Systematic Implementation of Implicit Regularization for Multi-Loop Feynman Diagrams

TL;DR

This paper presents a systematic implementation of Implicit Regularization (IReg) for multi-loop Feynman diagrams, ensuring invariance and consistency in quantum field theory calculations.

Contribution

The work automates the identification of subtraction terms in IReg, demonstrating its respect for fundamental symmetries and its ability to isolate divergences using basic integrals.

Findings

IReg respects unitarity, locality, and Lorentz invariance.

The method effectively displays divergences in multi-loop amplitudes.

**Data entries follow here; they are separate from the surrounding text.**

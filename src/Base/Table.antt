-- ===== src/Base/Table.antt =====
-- A table of the database: its rows, with a primary key. `get` is `session.get`, `put` an insert
-- or the flush of a changed row, `delete` the removal of the row with a key.
use hermes_event_server.Base.{
  ◌≡◌, ◌≢◌, refl, Option, none, some, List, [], ◌∷◌, arith, All, if◌then◌else◌, select, take,
  sort_by, insert_by, All-select, All-take, All-sort_by, All-insert_by, sym, subst, Bool, true,
  false, ℕ, zero, suc,
}
use hermes_event_server.Base.Equality.{Eq, ◌==◌}

module _ {R K : Type 0} ⦃e : Eq K⦄ (key : R → K) where
  unfoldable pub get : K → List R → Option R
  get k [] = none
  get k (r ∷ rs) = if key r == k then some r else get k rs

  unfoldable pub put : R → List R → List R
  put r [] = r ∷ []
  put r (s ∷ rs) = if key s == key r then r ∷ rs else s ∷ put r rs

  unfoldable pub delete : K → List R → List R
  delete k [] = []
  delete k (r ∷ rs) = let rest = delete k rs in if key r == k then rest else r ∷ rest

  -- The primary key is unique.
  abbrev pub IsKeyed : List R → Type 0
  IsKeyed [] = Unit
  IsKeyed (r ∷ rs) = All (λ s. key s ≢ key r) rs × IsKeyed rs

  pub get-put :
      (k : K) (r : R) (rs : List R) → get k (put r rs) ≡ (if key r == k then some r else get k rs)
  unfolding get put
  get-put k r [] = refl
  get-put k r (s ∷ rs) = ground (arith, get-put k r rs)

  pub get-put_self : (r : R) (rs : List R) → get (key r) (put r rs) ≡ some r
  get-put_self r rs = ground (arith, get-put (key r) r rs)

  pub get-put_at : (k : K) (r : R) (rs : List R) → key r ≡ k → get k (put r rs) ≡ some r
  get-put_at k r rs h = ground (arith, get-put k r rs)

  pub put-put : (r : R) (rs : List R) → put r (put r rs) ≡ put r rs
  unfolding put
  put-put r [] = ground arith
  put-put r (s ∷ rs) = ground (arith, put-put r rs)

  pub put-put_at : (r s : R) (rs : List R) → key s ≡ key r → put r (put s rs) ≡ put r rs
  unfolding put
  put-put_at r s [] h = ground (arith, h)
  put-put_at r s (t ∷ rs) h = ground (arith, h, put-put_at r s rs h)

  pub get-put_ne : (k : K) (r : R) (rs : List R) → key r ≢ k → get k (put r rs) ≡ get k rs
  get-put_ne k r rs h = ground (arith, get-put k r rs)

  pub get-delete :
      (k j : K) (rs : List R) → get k (delete j rs) ≡ (if j == k then none else get k rs)
  unfolding get delete
  get-delete k j [] = ground arith
  get-delete k j (s ∷ rs) = ground (arith, get-delete k j rs)

  pub key-get : (k : K) (r : R) (rs : List R) → get k rs ≡ some r → key r ≡ k
  unfolding get
  key-get k r [] h = ground arith
  key-get k r (s ∷ rs) h = ground (arith, key-get k r rs)

  module _ (P : R → Type 0) where
    pub All-put : (r : R) (rs : List R) → P r → All P rs → All P (put r rs)
    unfolding put
    All-put r [] hr h = (hr, tt)
    All-put r (s ∷ rs) hr h = ground (arith, All-put r rs hr h.1)

    pub All-get : (k : K) (r : R) (rs : List R) → All P rs → get k rs ≡ some r → P r
    unfolding get
    All-get k r [] h e = absurd (ground arith)
    All-get k r (s ∷ rs) h e = ground (arith, All-get k r rs h.1)

    pub All-delete : (k : K) (rs : List R) → All P rs → All P (delete k rs)
    unfolding delete
    All-delete k [] h = tt
    All-delete k (s ∷ rs) h = ground (arith, All-delete k rs h.1)

  pub get_absent : (k : K) (rs : List R) → All (λ s. key s ≢ k) rs → get k rs ≡ none
  unfolding get
  get_absent k [] h = refl
  get_absent k (s ∷ rs) h = ground (arith, get_absent k rs h.1)

  pub put-IsKeyed : (r : R) (rs : List R) → IsKeyed rs → IsKeyed (put r rs)
  unfolding put
  put-IsKeyed r [] h = (tt, tt)
  put-IsKeyed r (s ∷ rs) h =
      elim (e.dec (key s) (key r))
        as (λ d.
          IsKeyed (if (elim d [ yes p ↦ true | no n ↦ false ]) then r ∷ rs else s ∷ put r rs)) [
            | yes p ↦ (subst (λ k. All (λ t. key t ≢ k) rs) p h.0, h.1)
            | no n ↦ (All-put (λ t. key t ≢ key s) r rs (λ p. n (sym p)) h.0, put-IsKeyed r rs h.1)
          ]

  pub delete-IsKeyed : (k : K) (rs : List R) → IsKeyed rs → IsKeyed (delete k rs)
  unfolding delete
  delete-IsKeyed k [] h = tt
  delete-IsKeyed k (s ∷ rs) h =
      ground (arith, delete-IsKeyed k rs h.1, All-delete (λ t. key t ≢ key s) k rs)

  insert_by-IsKeyed :
      (le : R → R → Bool) (r : R) (rs : List R)
      → All (λ s. key s ≢ key r) rs
      → IsKeyed rs
      → IsKeyed (insert_by le r rs)
  insert_by-IsKeyed le r [] a h = (tt, tt)
  insert_by-IsKeyed le r (s ∷ rs) a h = ground (
    arith,
    insert_by-IsKeyed le r rs a.1 h.1,
    All-insert_by (λ t. key t ≢ key s) le r rs (λ p. a.0 (sym p)) h.0,
  )

  pub sort_by-IsKeyed : (le : R → R → Bool) (rs : List R) → IsKeyed rs → IsKeyed (sort_by le rs)
  unfolding sort_by
  sort_by-IsKeyed le [] h = tt
  sort_by-IsKeyed le (r ∷ rs) h =
      insert_by-IsKeyed le r (sort_by le rs) (All-sort_by (λ s. key s ≢ key r) le rs h.0)
        (sort_by-IsKeyed le rs h.1)

  -- The row is the one that its key finds.
  abbrev pub Found : List R → R → Type 0
  Found table r = get (key r) table ≡ some r

  Found-cons :
      (s : R) (rs xs : List R)
      → All (λ t. key t ≢ key s) xs
      → All (Found rs) xs
      → All (Found (s ∷ rs)) xs
  unfolding get
  Found-cons s rs [] a h = tt
  Found-cons s rs (x ∷ xs) a h =
      (ground (arith, λ (p : key s ≡ key x). a.0 (sym p)), Found-cons s rs xs a.1 h.1)

  pub rows-Found : (rs : List R) → IsKeyed rs → All (Found rs) rs
  unfolding get
  rows-Found [] h = tt
  rows-Found (s ∷ rs) h = (ground arith, Found-cons s rs rs h.0 (rows-Found rs h.1))

  pub select-IsKeyed : (p : R → Bool) (rs : List R) → IsKeyed rs → IsKeyed (select p rs)
  select-IsKeyed p [] h = tt
  select-IsKeyed p (s ∷ rs) h =
      ground (arith, select-IsKeyed p rs h.1, All-select (λ t. key t ≢ key s) p rs)

  pub take-IsKeyed : (n : ℕ) (rs : List R) → IsKeyed rs → IsKeyed (take n rs)
  take-IsKeyed zero rs h = tt
  take-IsKeyed (suc n) [] h = tt
  take-IsKeyed (suc n) (s ∷ rs) h = (All-take (λ t. key t ≢ key s) n rs h.0, take-IsKeyed n rs h.1)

Momentum routing invariance is conjectured as a fundamental symmetry.

Abstract

Implicit Regularization (IReg) is a candidate to become an invariant framework in momentum space to perform Feynman diagram calculations to arbitrary loop order. In this work we present a systematic implementation of our method that automatically displays the terms to be subtracted by Bogoliubov's recursion formula. Therefore, we achieve a twofold objective: we show that the IReg program respects unitarity, locality and Lorentz invariance and we show that our method is consistent since we are able to display the divergent content of a multi-loop amplitude in a well defined set of basic divergent integrals in one loop momentum only which is the essence of IReg. Moreover, we conjecture that momentum routing invariance in the loops, which has been shown to be connected with gauge symmetry, is a fundamental symmetry of any Feynman diagram in a renormalizable quantum field theory.